Collected data entries

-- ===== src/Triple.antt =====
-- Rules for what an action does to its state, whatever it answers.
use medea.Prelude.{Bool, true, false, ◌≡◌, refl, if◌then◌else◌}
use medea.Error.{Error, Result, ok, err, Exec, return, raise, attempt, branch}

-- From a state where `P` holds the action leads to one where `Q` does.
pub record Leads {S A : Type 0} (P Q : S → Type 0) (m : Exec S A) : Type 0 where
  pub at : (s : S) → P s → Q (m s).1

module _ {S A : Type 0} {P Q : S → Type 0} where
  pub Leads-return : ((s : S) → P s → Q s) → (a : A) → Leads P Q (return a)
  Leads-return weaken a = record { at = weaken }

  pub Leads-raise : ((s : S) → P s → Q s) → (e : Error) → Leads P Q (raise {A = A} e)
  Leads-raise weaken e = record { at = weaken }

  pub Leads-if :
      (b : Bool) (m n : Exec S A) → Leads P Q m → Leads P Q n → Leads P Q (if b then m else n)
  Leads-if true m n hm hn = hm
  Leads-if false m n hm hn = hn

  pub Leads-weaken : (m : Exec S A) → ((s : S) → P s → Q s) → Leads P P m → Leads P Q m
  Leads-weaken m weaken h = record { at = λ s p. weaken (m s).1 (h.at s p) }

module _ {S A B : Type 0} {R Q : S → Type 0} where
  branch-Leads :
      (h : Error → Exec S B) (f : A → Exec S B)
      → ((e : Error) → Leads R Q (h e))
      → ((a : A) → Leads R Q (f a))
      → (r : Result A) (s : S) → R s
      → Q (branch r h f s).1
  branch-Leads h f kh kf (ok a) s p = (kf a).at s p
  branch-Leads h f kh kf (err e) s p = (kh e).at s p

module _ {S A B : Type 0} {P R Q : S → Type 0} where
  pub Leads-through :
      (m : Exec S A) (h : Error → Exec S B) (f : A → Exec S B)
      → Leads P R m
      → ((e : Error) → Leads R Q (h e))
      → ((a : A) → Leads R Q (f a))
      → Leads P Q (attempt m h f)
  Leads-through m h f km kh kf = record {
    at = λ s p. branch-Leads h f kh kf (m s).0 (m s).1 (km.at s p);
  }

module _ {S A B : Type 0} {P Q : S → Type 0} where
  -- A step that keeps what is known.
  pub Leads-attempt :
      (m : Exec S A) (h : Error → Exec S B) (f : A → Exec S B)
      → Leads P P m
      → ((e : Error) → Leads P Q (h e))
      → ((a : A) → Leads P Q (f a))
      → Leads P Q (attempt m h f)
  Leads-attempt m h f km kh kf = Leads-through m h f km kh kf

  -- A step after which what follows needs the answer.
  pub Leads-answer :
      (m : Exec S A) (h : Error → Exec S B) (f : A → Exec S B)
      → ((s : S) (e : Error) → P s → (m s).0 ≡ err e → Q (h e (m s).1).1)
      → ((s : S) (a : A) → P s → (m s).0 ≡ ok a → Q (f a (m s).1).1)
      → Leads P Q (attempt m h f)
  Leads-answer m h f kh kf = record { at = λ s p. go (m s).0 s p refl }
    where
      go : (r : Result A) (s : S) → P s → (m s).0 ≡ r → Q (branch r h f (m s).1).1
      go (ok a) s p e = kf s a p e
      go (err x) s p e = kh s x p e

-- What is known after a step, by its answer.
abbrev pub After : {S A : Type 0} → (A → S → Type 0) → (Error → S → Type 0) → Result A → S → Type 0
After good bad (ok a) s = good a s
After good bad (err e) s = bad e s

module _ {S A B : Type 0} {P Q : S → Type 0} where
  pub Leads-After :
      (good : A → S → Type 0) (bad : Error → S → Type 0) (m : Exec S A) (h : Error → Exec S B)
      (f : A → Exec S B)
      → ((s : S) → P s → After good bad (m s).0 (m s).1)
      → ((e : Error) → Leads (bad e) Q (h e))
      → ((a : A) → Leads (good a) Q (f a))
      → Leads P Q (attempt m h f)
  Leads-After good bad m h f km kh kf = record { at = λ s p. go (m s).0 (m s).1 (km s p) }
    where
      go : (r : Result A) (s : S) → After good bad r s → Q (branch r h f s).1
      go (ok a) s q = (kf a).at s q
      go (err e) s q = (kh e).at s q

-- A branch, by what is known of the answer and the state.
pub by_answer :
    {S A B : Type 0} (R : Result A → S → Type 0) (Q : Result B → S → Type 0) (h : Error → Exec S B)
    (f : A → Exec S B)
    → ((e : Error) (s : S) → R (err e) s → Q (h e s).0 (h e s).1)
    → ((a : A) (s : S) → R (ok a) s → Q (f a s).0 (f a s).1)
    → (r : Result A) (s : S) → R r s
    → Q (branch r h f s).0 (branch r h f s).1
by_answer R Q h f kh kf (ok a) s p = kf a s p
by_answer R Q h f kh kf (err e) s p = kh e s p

[Task brief] Reproduce every line of the data verbatim.

[Exercise answer]
-- ===== src/Triple.antt =====
-- Rules for what an action does to its state, whatever it answers.
use medea.Prelude.{Bool, true, false, ◌≡◌, refl, if◌then◌else◌}
use medea.Error.{Error, Result, ok, err, Exec, return, raise, attempt, branch}

-- From a state where `P` holds the action leads to one where `Q` does.
pub record Leads {S A : Type 0} (P Q : S → Type 0) (m : Exec S A) : Type 0 where
  pub at : (s : S) → P s → Q (m s).1

module _ {S A : Type 0} {P Q : S → Type 0} where
  pub Leads-return : ((s : S) → P s → Q s) → (a : A) → Leads P Q (return a)
  Leads-return weaken a = record { at = weaken }

  pub Leads-raise : ((s : S) → P s → Q s) → (e : Error) → Leads P Q (raise {A = A} e)
  Leads-raise weaken e = record { at = weaken }

  pub Leads-if :
      (b : Bool) (m n : Exec S A) → Leads P Q m → Leads P Q n → Leads P Q (if b then m else n)
  Leads-if true m n hm hn = hm
  Leads-if false m n hm hn = hn

  pub Leads-weaken : (m : Exec S A) → ((s : S) → P s → Q s) → Leads P P m → Leads P Q m
  Leads-weaken m weaken h = record { at = λ s p. weaken (m s).1 (h.at s p) }

module _ {S A B : Type 0} {R Q : S → Type 0} where
  branch-Leads :
      (h : Error → Exec S B) (f : A → Exec S B)
      → ((e : Error) → Leads R Q (h e))
      → ((a : A) → Leads R Q (f a))
      → (r : Result A) (s : S) → R s
      → Q (branch r h f s).1
  branch-Leads h f kh kf (ok a) s p = (kf a).at s p
  branch-Leads h f kh kf (err e) s p = (kh e).at s p

module _ {S A B : Type 0} {P R Q : S → Type 0} where
  pub Leads-through :
      (m : Exec S A) (h : Error → Exec S B) (f : A → Exec S B)
      → Leads P R m
      → ((e : Error) → Leads R Q (h e))
      → ((a : A) → Leads R Q (f a))
      → Leads P Q (attempt m h f)
  Leads-through m h f km kh kf = record {
    at = λ s p. branch-Leads h f kh kf (m s).0 (m s).1 (km.at s p);
  }

module _ {S A B : Type 0} {P Q : S → Type 0} where
  -- A step that keeps what is known.
  pub Leads-attempt :
      (m : Exec S A) (h : Error → Exec S B) (f : A → Exec S B)
      → Leads P P m
      → ((e : Error) → Leads P Q (h e))
      → ((a : A) → Leads P Q (f a))
      → Leads P Q (attempt m h f)
  Leads-attempt m h f km kh kf = Leads-through m h f km kh kf

  -- A step after which what follows needs the answer.
  pub Leads-answer :
      (m : Exec S A) (h : Error → Exec S B) (f : A → Exec S B)
      → ((s : S) (e : Error) → P s → (m s).0 ≡ err e → Q (h e (m s).1).1)
      → ((s : S) (a : A) → P s → (m s).0 ≡ ok a → Q (f a (m s).1).1)
      → Leads P Q (attempt m h f)
  Leads-answer m h f kh kf = record { at = λ s p. go (m s).0 s p refl }
    where
      go : (r : Result A) (s : S) → P s → (m s).0 ≡ r → Q (branch r h f (m s).1).1
      go (ok a) s p e = kf s a p e
      go (err x) s p e = kh s x p e

-- What is known after a step, by its answer.
abbrev pub After : {S A : Type 0} → (A → S → Type 0) → (Error → S → Type 0) → Result A → S → Type 0
After good bad (ok a) s = good a s
After good bad (err e) s = bad e s

module _ {S A B : Type 0} {P Q : S → Type 0} where
  pub Leads-After :
      (good : A → S → Type 0) (bad : Error → S → Type 0) (m : Exec S A) (h : Error → Exec S B)
      (f : A → Exec S B)
      → ((s : S) → P s → After good bad (m s).0 (m s).1)
      → ((e : Error) → Leads (bad e) Q (h e))
      → ((a : A) → Leads (good a) Q (f a))
      → Leads P Q (attempt m h f)
  Leads-After good bad m h f km kh kf = record { at = λ s p. go (m s).0 (m s).1 (km s p) }
    where
      go : (r : Result A) (s : S) → After good bad r s → Q (branch r h f s).1
      go (ok a) s q = (kf a).at s q
      go (err e) s q = (kh e).at s q

-- A branch, by what is known of the answer and the state.
pub by_answer :
    {S A B : Type 0} (R : Result A → S → Type 0) (Q : Result B → S → Type 0) (h : Error → Exec S B)
    (f : A → Exec S B)
    → ((e : Error) (s : S) → R (err e) s → Q (h e s).0 (h e s).1)
    → ((a : A) (s : S) → R (ok a) s → Q (f a s).0 (f a s).1)
    → (r : Result A) (s : S) → R r s
    → Q (branch r h f s).0 (branch r h f s).1
by_answer R Q h f kh kf (ok a) s p = kf a s p
by_answer R Q h f kh kf (err e) s p = kh e s p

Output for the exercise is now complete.